A number of the hunger strikers held in the Israeli Ofer prison are suffering from low blood pressure, severe headaches as well as stomach and joint problems, according to the report.

It further noted that the Israeli authorities do not allow the Palestinian prisoners to drink cool water and instead force them to drink warm water.

Israeli police forces scuffle with a Palestinian youth in the Old City of Jerusalem al-Quds on April 29, 2017 during a protest in support of Palestinians imprisoned in Israeli jails. (Photo by AFP)
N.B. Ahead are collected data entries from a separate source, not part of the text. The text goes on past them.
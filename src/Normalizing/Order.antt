-- ===== src/Normalizing/Order.antt =====
-- What Normalize without an offset makes of the metrics of one ID.
use argocd_autoscaler.Base.{
  map, Perm, ◌<◌, if◌then◌else◌, ℕ, ◌≡◌, refl, ap, sym, subst, ◌∙◌, false, none, some, List, [],
  ◌∷◌, arith, Pairwise, Pairwise-get_elem?, length, get_elem?,
}
use mathlib.Core.List.{Permᴰ}
use mathlib.Core.List.Perm
use argocd_autoscaler.Text.{Text}
use argocd_autoscaler.Arithmetic.{Arithmetic, IsRounded}
use argocd_autoscaler.Sorting.{IsOrderedBy, IsSort}
use argocd_autoscaler.LoadIndexing.{Metric, ById}
use argocd_autoscaler.LoadIndexing.Groups.{of_id}
use argocd_autoscaler.Outcomes.{returned, or_fail}
use argocd_autoscaler.Normalizing.{
  compute_median, compute_iqr, scaled, scale_one, scale_all, sorted_values, normalize_group,
  normalize,
}
use argocd_autoscaler.Outcomes.{returned_inj, >>=-eq_returned, or_fail-eq_returned}
use argocd_autoscaler.Normalizing.Middles.{
  IsMedian, IsDistance, few, compute_median-IsMedian, compute_iqr-IsDistance,
}
use argocd_autoscaler.Normalizing.Quartiles.{compute_iqr-nonnegative, scaled_mono}
use argocd_autoscaler.Normalizing.Separate.{normalize_alone, normalize-alone}

module _ (n : Arithmetic) where
  -- An output of Normalize without an offset, and the metric that it is made of.
  pub record IsScaled (median iqr : n.Float) (x y : Metric n) : Type 0 where
    pub same_id : y.id ≡ x.id
    pub same_shard : y.shard ≡ x.shard
    pub same_query : y.query ≡ x.query
    pub display :
        y.display_value
        ≡ n.format (
            if n.eq iqr (n.of_nat 0)
            then n.of_nat 0
            else n.div (n.sub (n.as_float x.value) median) iqr)
    pub value : n.parse y.display_value ≡ some y.value

  scale_one-IsScaled :
      (median iqr : n.Float) (x : Metric n) {y : Metric n}
      → scale_one n median iqr x ≡ returned y
      → IsScaled median iqr x y
  scale_one-IsScaled median iqr x h =
      let text = n.format (scaled n median iqr x) in
      let (q, read, same) = >>=-eq_returned (or_fail (n.parse text)) _ h in
      subst (IsScaled median iqr x) (returned_inj same) (record {
        same_id = refl;
        same_shard = refl;
        same_query = refl;
        display = refl;
        value = or_fail-eq_returned (n.parse text) read;
      })

  pub scale_all-IsScaled :
      (median iqr : n.Float) (xs ys : List (Metric n))
      → scale_all n median iqr xs ≡ returned ys
      → Pairwise (IsScaled median iqr) xs ys
  unfolding scale_all
  scale_all-IsScaled median iqr [] ys h =
      subst (Pairwise (IsScaled median iqr) []) (returned_inj h) tt
  scale_all-IsScaled median iqr (x ∷ xs) ys h =
      let (y, first, h') = >>=-eq_returned (scale_one n median iqr x) _ h in
      let (zs, rest, same) = >>=-eq_returned (scale_all n median iqr xs) _ h' in
      subst (Pairwise (IsScaled median iqr) (x ∷ xs)) (returned_inj same)
        (scale_one-IsScaled median iqr x first, scale_all-IsScaled median iqr xs zs rest)

  abbrev pub values_of : List (Metric n) → List n.Float
  values_of xs = map (λ x. n.as_float x.value) xs

  -- The metrics `ys` that those of one ID, `xs`, come to: each is scaled by the median and the
  -- distance of the quartiles of the values in order, and a metric that is at least another one is so
  -- afterwards. Where there is no metric, there is no median.
  pub record IsNormalized (xs ys : List (Metric n)) : Type 0 where
    pub sorted : List n.Float
    pub permutes : Perm sorted (values_of xs)
    pub in_order : IsOrderedBy n.lt sorted
    pub median : n.Float
    pub iqr : n.Float
    pub middle : 0 < length xs → IsMedian n sorted median
    pub distance : IsDistance n sorted iqr
    pub pairs : Pairwise (IsScaled median iqr) xs ys
    pub ordered :
        (i j : ℕ) (x x' y y' : Metric n)
        → get_elem? xs i ≡ some x
        → get_elem? xs j ≡ some x'
        → get_elem? ys i ≡ some y
        → get_elem? ys j ≡ some y'
        → n.lt (n.as_float x'.value) (n.as_float x.value) ≡ false
        → n.lt (n.as_float y'.value) (n.as_float y.value) ≡ false

  module _ (laws : IsRounded n) where
    pairs-ordered :
        (median iqr : n.Float) (xs ys : List (Metric n))
        → n.lt iqr (n.of_nat 0) ≡ false
        → Pairwise (IsScaled median iqr) xs ys
        → (i j : ℕ) (x x' y y' : Metric n) → get_elem? xs i ≡ some x
        → get_elem? xs j ≡ some x'
        → get_elem? ys i ≡ some y
        → get_elem? ys j ≡ some y'
        → n.lt (n.as_float x'.value) (n.as_float x.value) ≡ false
        → n.lt (n.as_float y'.value) (n.as_float y.value) ≡ false
    pairs-ordered median iqr xs ys h p i j x x' y y' ex ex' ey ey' k =
        let s = Pairwise-get_elem? (IsScaled median iqr) xs ys i p ex ey in
        let s' = Pairwise-get_elem? (IsScaled median iqr) xs ys j p ex' ey' in
        laws.parse_mono (scaled n median iqr x') (scaled n median iqr x) y'.value y.value
          (ap n.parse (sym s'.display) ∙ s'.value) (ap n.parse (sym s.display) ∙ s.value)
          (scaled_mono n laws median iqr x x' h k)

    module _ (sort : List n.Float → List n.Float) (sorting : IsSort n.lt sort) where
      normalize_alone-IsNormalized :
          (xs ys : List (Metric n)) → normalize_alone n sort xs ≡ returned ys → IsNormalized xs ys
      unfolding normalize_group
      normalize_alone-IsNormalized [] ys h = subst (IsNormalized []) (returned_inj h) (record {
        sorted = [];
        permutes = Perm.refl [];
        in_order = tt;
        median = n.of_nat 0;
        iqr = n.of_nat 0;
        middle = λ z. absurd (ground (arith, z));
        distance = few [] (omega arith);
        pairs = tt;
        ordered =
            pairs-ordered (n.of_nat 0) (n.of_nat 0) [] [] (laws.ordered.lt_irrefl (n.of_nat 0)) tt;
      })
      normalize_alone-IsNormalized (x ∷ xs) ys h =
          let vs = sorted_values n sort (x ∷ xs) in
          let (median, m, h') = >>=-eq_returned (compute_median n vs) _ h in
          let (iqr, i, h'') = >>=-eq_returned (compute_iqr n vs) _ h' in
          let scaled = scale_all-IsScaled median iqr (x ∷ xs) ys h'' in
          record {
            sorted = vs;
            permutes = sorting.permutes _;
            in_order = sorting.orders _;
            median = median;
            iqr = iqr;
            middle = λ z. compute_median-IsMedian n vs m;
            distance = compute_iqr-IsDistance n vs i;
            pairs = scaled;
            ordered =
                pairs-ordered median iqr (x ∷ xs) ys
                  (compute_iqr-nonnegative n laws vs (sorting.orders _) i) scaled;
          }

      -- Where rounding keeps the order of numbers and sort.Float64s sorts, whatever the order in
      -- which Go walks the map of metric IDs: if Normalize succeeds without an offset, then for each
      -- ID its result has, in their order, one metric for each metric of the ID that came in, of the
      -- same shard and query, with the value that ParseQuantity reads of its distance from the median
      -- of the values of the ID, in units of the distance of their quartiles, or of 0 where that is 0;
      -- and of two metrics of the ID, the one that was at least the other is so in the result. The
      -- median is the number in the middle of the values in order or the mean of the two there, and
      -- the quartiles are the medians of the lower and the upper half, without the number in the
      -- middle; the distance is 0 for a single value.
      pub normalize-IsNormalized :
          (order : ById n → ById n)
          → ((es : ById n) → Permᴰ (order es) es)
          → (xs : List (Metric n)) {ys : List (Metric n)}
          → normalize n sort order none xs ≡ returned ys
          → (id : Text) → IsNormalized (of_id n id xs) (of_id n id ys)
      normalize-IsNormalized order rearranges xs h id =
          normalize_alone-IsNormalized (of_id n id xs) _
            (normalize-alone n sort order rearranges xs h id)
Ma’an also reported on Monday that a hunger-striking inmate identified as Ayman Bisharat, who was released from prison on Sunday evening after being held captive by the regime for 16 years, told crowds in his hometown of Tammun in the Tubas district of the occupied West Bank that the health of the hunger strikers was deteriorating.

He held the Tel Aviv regime responsible for the well-being of the hunger-striking protesters.

Bisharat, however, insisted that the hunger strikers remained in high spirits and were determined to achieve their goals, calling on the world to support their “heroic” struggle.

According to January figures provided by the Palestinian prisoners’ rights group Addameer, nearly 6,500 Palestinians are held captive in Israeli jails, 536 of them without charge or trial.

Palestinian prisoners have continuously resorted to open-ended hunger strikes in efforts to voice their outrage at the Israeli regime’s policy of enforcing administrative detentions, which amounts to jailing Palestinians for up to six months without charge or trial.

Palestinian inmates complain that they are often subjected to assault and torture inside Israeli prisons.